# PRS 25th Anniversary Rev B amp.....



## faracaster (Mar 9, 2006)

Hey guys....been waiting to do a review of this amp since January. Wanted the swoon to be off before gushing.
This is a PRS 25th anniversary Rev. B amp.
PRS released their 25th anniversary amp last year. They used this as a basis for their Rev B variation.
Brent from the Guitar Shop happened to be down at PRS right before NAMM and Paul allowed him to buy 2 of these somewhat “Proto-ish” heads.
I happened to be in the store (not even looking for an amp but, at a used Bloomfield LP) and he suggested I try the Bloomfield LP through one of the new PRS amps he had just got in. I played through the new 2 channel C amp first then moved on to the Paisley head that was sitting across the room. I actually thought it was a Dallas at first. Brent had left the room and I just fended for myself while he was gone. I plugged the Bloomie in and was blown away.
This has the same topology as the normal 25th amp, two channels bridges internally, bright volume, normal volume Treble, Mid, Bass, Presence and wattage selector. 
To say this amp sounds Marshall-esque is an understatement. As Brent said...”think of the best plexi amp you’ve never heard, or heard rumour of “. After about 30 minutes with it I remarked that it had a very Eric Johnson type of tone. Sounds a lot like when he plays his SG into his Marshalls. 
Really rich and fat all through the tonal spectrum. It has that rich compression that old plexi’s have. Smooth silky top end, never too bright. TONS of bottom and midrange of the smoothest variety. As far as the gain structure, when your humbucking guitar is full up, I would not really call this a “clean” amp. Even when the 2 channel volumes are turned down. But as soon as you turn the guitar down the amp cleans up marvelously.
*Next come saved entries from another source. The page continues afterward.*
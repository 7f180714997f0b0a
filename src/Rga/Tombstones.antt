-- ===== src/Rga/Tombstones.antt =====
-- Deletions: what `tombstone` and `localDelete` do to a sequence.
use mathlib.Core.Option
use cs4730_collaborative_tex.Base.{
  ℕ, zero, suc, ◌≤◌, ◌≡◌, ◌≢◌, refl, sym, subst, ◌⊎◌, inl, inr, true, false, List, [], ◌∷◌, some,
  arith, length, All, Any, Bool-cases, Option-cases, ◌>>=◌,
}
use cs4730_collaborative_tex.Base.Eq.{◌==◌}
use cs4730_collaborative_tex.Document.{delete_at}
use cs4730_collaborative_tex.Rga.{
  CharId, id_beq_iff, id_eq, Node, Engine, find, delete_from, tombstone, document,
}
use cs4730_collaborative_tex.Rga.Sequence.{Any-Absent, Absent, Unique}
use cs4730_collaborative_tex.Rga.Roots.{tombstone-Linked}
use cs4730_collaborative_tex.Rga.Invariant.{Headed, IsValid, ClocksBelow-mono}

pub tombstone-All :
    (Q : CharId → Type 0) (id : CharId) (ns : List Node)
    → All (λ n. Q n.id) ns
    → All (λ n. Q n.id) (tombstone id ns)
unfolding tombstone
tombstone-All Q id [] h = tt
tombstone-All Q id (n ∷ ns) h = elim (Bool-cases (n.id == id)) [
  | inl e ↦ rw e h
  | inr e ↦ rw e (h.0, tombstone-All Q id ns h.1)
]

tombstone-Unique : (id : CharId) (ns : List Node) → Unique ns → Unique (tombstone id ns)
unfolding tombstone
tombstone-Unique id [] h = tt
tombstone-Unique id (n ∷ ns) h = elim (Bool-cases (n.id == id)) [
  | inl e ↦ rw e h
  | inr e ↦ rw e (tombstone-All (λ i. i ≢ n.id) id ns h.0, tombstone-Unique id ns h.1)
]

tombstone-Headed : (id : CharId) (ns : List Node) → Headed ns → Headed (tombstone id ns)
unfolding tombstone
tombstone-Headed id [] h = h
tombstone-Headed id (n ∷ ns) h = elim (Bool-cases (n.id == id)) [
  | inl e ↦ rw e (h.0, refl)
  | inr e ↦ rw e h
]

-- A tombstone under a clock that is no lower keeps the invariant.
pub tombstone-IsValid :
    (id : CharId) (bound : ℕ) (e : Engine)
    → IsValid e
    → e.clock ≤ bound
    → IsValid (record e { clock = bound; seq = tombstone id e.seq })
tombstone-IsValid id bound e v le = record {
  headed = tombstone-Headed id e.seq v.headed;
  unique = tombstone-Unique id e.seq v.unique;
  clocks =
      tombstone-All (λ i. i.clock ≤ bound) id e.seq
        (ClocksBelow-mono e.clock bound e.seq le v.clocks);
  linked = tombstone-Linked (λ _. ⊥) id e.seq v.linked;
}

pub tombstone_idem :
    (id : CharId) (ns : List Node) → tombstone id (tombstone id ns) ≡ tombstone id ns
unfolding tombstone
tombstone_idem id [] = refl
tombstone_idem id (n ∷ ns) = elim (Bool-cases (n.id == id)) [
  | inl e ↦ ground (arith, e)
  | inr e ↦ ground (arith, e, tombstone_idem id ns)
]

pub tombstone-Absent : (id : CharId) (ns : List Node) → Absent id ns → tombstone id ns ≡ ns
unfolding tombstone
tombstone-Absent id [] h = refl
tombstone-Absent id (n ∷ ns) h = ground (arith, h.0, id_beq_iff n.id id, tombstone-Absent id ns h.1)

-- A tombstone on a visible node takes one character away.
pub length-document-tombstone :
    (id : CharId) (ns : List Node) (n : Node)
    → find id ns ≡ some n
    → n.tombstoned ≡ false
    → length (document ns) ≡ suc (length (document (tombstone id ns)))
unfolding find tombstone document
length-document-tombstone id [] n e v = absurd (cc)
length-document-tombstone id (m ∷ ns) n e v = elim (Bool-cases (m.id == id)) [
  | inl here ↦ ground (arith, here)
  | inr further ↦ ground (arith, further, length-document-tombstone id ns n)
]

-- Deleting the `n`-th visible node is deleting the `n`-th character.
pub document-delete_from :
    (n : ℕ) (ns : List Node)
    → Option.map (λ p. document p.1) (delete_from n ns) ≡ delete_at n (document ns)
unfolding delete_from delete_at document
document-delete_from n [] = refl
document-delete_from zero (m ∷ ns) = elim (Bool-cases (m.tombstoned)) [
  | inl gone ↦ elim (Option-cases (delete_from zero ns)) [
    | inl lost ↦ ground (arith, gone, lost, document-delete_from zero ns)
    | inr (p, found) ↦ ground (arith, gone, found, document-delete_from zero ns)
  ]
  | inr seen ↦ ground (arith, seen)
]
document-delete_from (suc n) (m ∷ ns) = elim (Bool-cases (m.tombstoned)) [
  | inl gone ↦ elim (Option-cases (delete_from (suc n) ns)) [
    | inl lost ↦ ground (arith, gone, lost, document-delete_from (suc n) ns)
    | inr (p, found) ↦ ground (arith, gone, found, document-delete_from (suc n) ns)
  ]
  | inr seen ↦ elim (Option-cases (delete_from n ns)) [
    | inl lost ↦ ground (arith, seen, lost, document-delete_from n ns)
    | inr (p, found) ↦ ground (arith, seen, found, document-delete_from n ns)
  ]
]

-- The node is the first one, or the deletion is in the rest.
abbrev DeletedIn : Node → List Node → CharId → List Node → Type 0
DeletedIn m ns id r =
    ((id ≡ m.id) × (r ≡ record m { tombstoned = true } ∷ ns))
    ⊎ ((k : ℕ) × (s : List Node) × (delete_from k ns ≡ some (id, s)) × (r ≡ m ∷ s))

delete_from-further :
    (k : ℕ) (m : Node) (ns : List Node) (id : CharId) (r : List Node)
    → (◌>>=◌ {B = CharId × List Node} (delete_from k ns) (λ p. some (p.0, m ∷ p.1))) ≡ some (id, r)
    → DeletedIn m ns id r
delete_from-further k m ns id r e = elim (Option-cases (delete_from k ns)) [
  | inl lost ↦ absurd (ground (arith, lost))
  | inr ((i, s), found) ↦
      let same : i ≡ id = ground (arith, found) in
      inr (k, s, rw same at found, ground (arith, found))
]

delete_from-cons :
    (n : ℕ) (m : Node) (ns : List Node) (id : CharId) (r : List Node)
    → delete_from n (m ∷ ns) ≡ some (id, r)
    → DeletedIn m ns id r
unfolding delete_from
delete_from-cons zero m ns id r e = elim (Bool-cases (m.tombstoned)) [
  | inl gone ↦ delete_from-further zero m ns id r (ground (arith, gone))
  | inr seen ↦ inl (ground (arith, seen), ground (arith, seen))
]
delete_from-cons (suc n) m ns id r e = elim (Bool-cases (m.tombstoned)) [
  | inl gone ↦ delete_from-further (suc n) m ns id r (ground (arith, gone))
  | inr seen ↦ delete_from-further n m ns id r (ground (arith, seen))
]

-- The node that is deleted is in the sequence, and deleting it is a tombstone on its id.
pub delete_from-tombstone :
    (n : ℕ) (ns : List Node) (id : CharId) (r : List Node)
    → Unique ns
    → delete_from n ns ≡ some (id, r)
    → (r ≡ tombstone id ns) × Any (λ m. m.id ≡ id) ns
unfolding delete_from tombstone
delete_from-tombstone n [] id r u e = absurd (cc)
delete_from-tombstone n (m ∷ ns) id r u e = elim (delete_from-cons n m ns id r e) [
  | inl (here, eq) ↦ (ground (arith, id_beq_iff m.id id, here, eq), inl (sym here))
  | inr (k, s, found, eq) ↦
      let (same, present) = delete_from-tombstone k ns id s u.1 found in
      let other : m.id ≢ id =
        λ e'. Any-Absent m.id ns u.0 (subst (λ i. Any (λ x. x.id ≡ i) ns) (sym e') present) in
      (ground (arith, id_beq_iff m.id id, other, eq, same), inr present)
]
It has such a musical tone whether clean or dirty. Enhances harmonics whatever guitar is played through it.
While it is a treasure with humbuckers, when you have a Strat plugged in...it is a bit of OMG !!! Instant vintage Hendrix or EJ. 
Here is the bonus with this amp. Variable wattage. I have played this amp out in very small pubs and used it turned waaaay down. Impressive !!! Played larger rooms where I could turn it up more and you can imagine the results. 
You can turn this way down at home late at night and still get great results. The thing about extremely low powered amps is when you turn down your guitar, they are either muddy and lack definition. This retains all the tonal glory up and down the scale So perfect for a home player, gigging guitarist or a arena tour. PRS have really jumped the shark here with this amp. A glorious amplifier for the Marshall inclined.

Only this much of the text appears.